A. 急ぐ必要はありません。時間をかけて信頼を育てることが大切で、まずは安心できる大人として関わるところから始めましょう。
Q. 継親も実の親と同じように叱るべき?
A. いきなり厳しく叱る役を担うと反発を招きやすいです。まず信頼関係を築き、しつけの方針は大人同士でそろえましょう。
Q. 子どもが新しい家族になじまないのは問題ですか?
A. 戸惑いや反発は自然な反応です。気持ちを受け止め、子どものペースを尊重して見守ることが大切です。
Q. 別居している親の話はしない方がいい?
A. 無理に否定させないことが大切です。子どもがその親を大切に思う気持ちも、尊重してあげましょう。

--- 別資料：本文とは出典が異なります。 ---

-- ===== src/AuthPolicy/Unset.antt =====
-- A policy that leaves a list of its conditions unset, at a server that lists every one: what
-- compare.go says of the Admin API.
use clavex_operator.Prelude.{
  String, Bool, true, false, Option, none, some, not, ◌≡◌, refl, arith, ◌||◌, ◌++◌, ◌∙◌,
}
use clavex_operator.Api.{ok, Resource}
use clavex_operator.Reconcile.Flow.{next}
use clavex_operator.Reconcile.Calls.{Cluster, State, Session, succeeded}
use clavex_operator.Drift.{updated, spec_unchanged}
use clavex_operator.Drift.Laws.{correction, correct_lem}
use clavex_operator.Compare.{same_elements}
use clavex_operator.AuthPolicy.{
  AuthPolicySpec, PolicyConditions, PolicyRule, PolicyService, build_auth_policy_conditions,
  deep_equal, same_conditions, auth_policy_up_to_date, reconcile_auth_policy,
}
use clavex_operator.AuthPolicy.Created.{find, update, pass_found}

abbrev is_set : {A : Type 0} → Option A → Bool
is_set none = false
is_set (some a) = true

-- Every list of the conditions is there, if only as an empty one.
pub record AllListed (c : PolicyConditions) : Type 0 where
  pub ip_cidrs : is_set c.ip_cidrs ≡ true
  pub countries : is_set c.countries ≡ true
  pub not_countries : is_set c.not_countries ≡ true
  pub client_ids : is_set c.client_ids ≡ true
  pub days_of_week : is_set c.days_of_week ≡ true

-- Some list is nil.
abbrev pub has_unset : PolicyConditions → Bool
has_unset c =
    not (is_set c.ip_cidrs)
    || not (is_set c.countries)
    || not (is_set c.not_countries)
    || not (is_set c.client_ids)
    || not (is_set c.days_of_week)

deep_equal-unset :
    {A : Type 0} (same : A → A → Bool) (live spec : Option A)
    → is_set live ≡ true
    → is_set spec ≡ false
    → deep_equal same live spec ≡ false
deep_equal-unset same none spec h g = cc
deep_equal-unset same (some a) none h g = refl
deep_equal-unset same (some a) (some b) h g = cc

unset_differs :
    (live spec : PolicyConditions)
    → AllListed live
    → has_unset spec ≡ true
    → same_conditions live (build_auth_policy_conditions spec) ≡ false
unfolding same_conditions build_auth_policy_conditions
unset_differs live spec all unset = ground (
  arith,
  deep_equal-unset same_elements live.ip_cidrs spec.ip_cidrs all.ip_cidrs,
  deep_equal-unset same_elements live.countries spec.countries all.countries,
  deep_equal-unset same_elements live.not_countries spec.not_countries all.not_countries,
  deep_equal-unset same_elements live.client_ids spec.client_ids all.client_ids,
  deep_equal-unset same_elements live.days_of_week spec.days_of_week all.days_of_week,
)

up_to_date-unset :
    (rule : PolicyRule) (cr : Resource AuthPolicySpec)
    → AllListed rule.conditions
    → has_unset cr.spec.conditions ≡ true
    → auth_policy_up_to_date rule cr ≡ false
unfolding auth_policy_up_to_date
up_to_date-unset rule cr all unset =
    ground (arith, unset_differs rule.conditions cr.spec.conditions all unset)

module _ {W : Type 0} (c : Cluster W AuthPolicySpec) (recorder : Bool) (sdk : PolicyService W) where
  module _ (session : Session) (org_id : String) where
    -- Where the policy leaves some list of its conditions unset, and the rule that the pass finds
    -- has every list, an empty one where nothing was set: the pass writes the rule again, whatever
    -- else it shows, and so does every later pass that finds it so; the pass reports drift where the
    -- spec is the one last synced, and returns the update's error where it is refused.
    pub reconcile_auth_policy_unset :
        (cr : Resource AuthPolicySpec) (s : State W AuthPolicySpec) (rule : PolicyRule)
        → (find c recorder sdk session org_id cr s.world).0 ≡ ok (some rule)
        → AllListed rule.conditions
        → has_unset cr.spec.conditions ≡ true
        → let w = (find c recorder sdk session org_id cr s.world).1 in
          let (answer, w') = update c recorder sdk session org_id cr rule w in
          reconcile_auth_policy c recorder sdk session org_id cr s
          ≡ next (updated "policy rule" rule.id (spec_unchanged cr) answer) (record s {
            world = w';
            log = correction recorder false rule.id cr (succeeded answer) w ++ s.log;
          })
    reconcile_auth_policy_unset cr s rule h all unset =
        pass_found c recorder sdk session org_id cr s rule h
        ∙ rw (up_to_date-unset rule cr all unset) (
            correct_lem recorder "policy rule" rule.id cr false
              (update c recorder sdk session org_id cr rule)
              (record s { world = (find c recorder sdk session org_id cr s.world).1 }))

Q. ステップファミリーの子育てで悩んだら、どこに相談すればいい?
A. 家庭の関わり方は自治体の窓口や園・学校へ、子どもの心や体調はかかりつけ小児科に相談できます。
この記事の根拠
- こども家庭庁「こどもの居場所づくり」「こども基本法」
- 文部科学省「家庭教育支援」「こどもの人権」
まとめ
- 関係づくりは時間をかけ、すぐに親子の絆を求めないことが基本です。
- 子どもの戸惑いや反発は自然な反応として受け止めます。
- 継親はまず安心できる大人を目指し、叱る役を急に担わないようにします。
- しつけの方針は大人同士でそろえ、ルールは子どもの声も聞いて決めます。
- 悩みを抱え込まず、自治体の窓口や園・学校に相談しましょう。
大切なお知らせ:この記事は公的機関の発信情報をもとに012.kids編集部がまとめた一般的な情報です。お子さんや家庭の個別の状況については、自治体の窓口や通っている園・学校にご相談ください。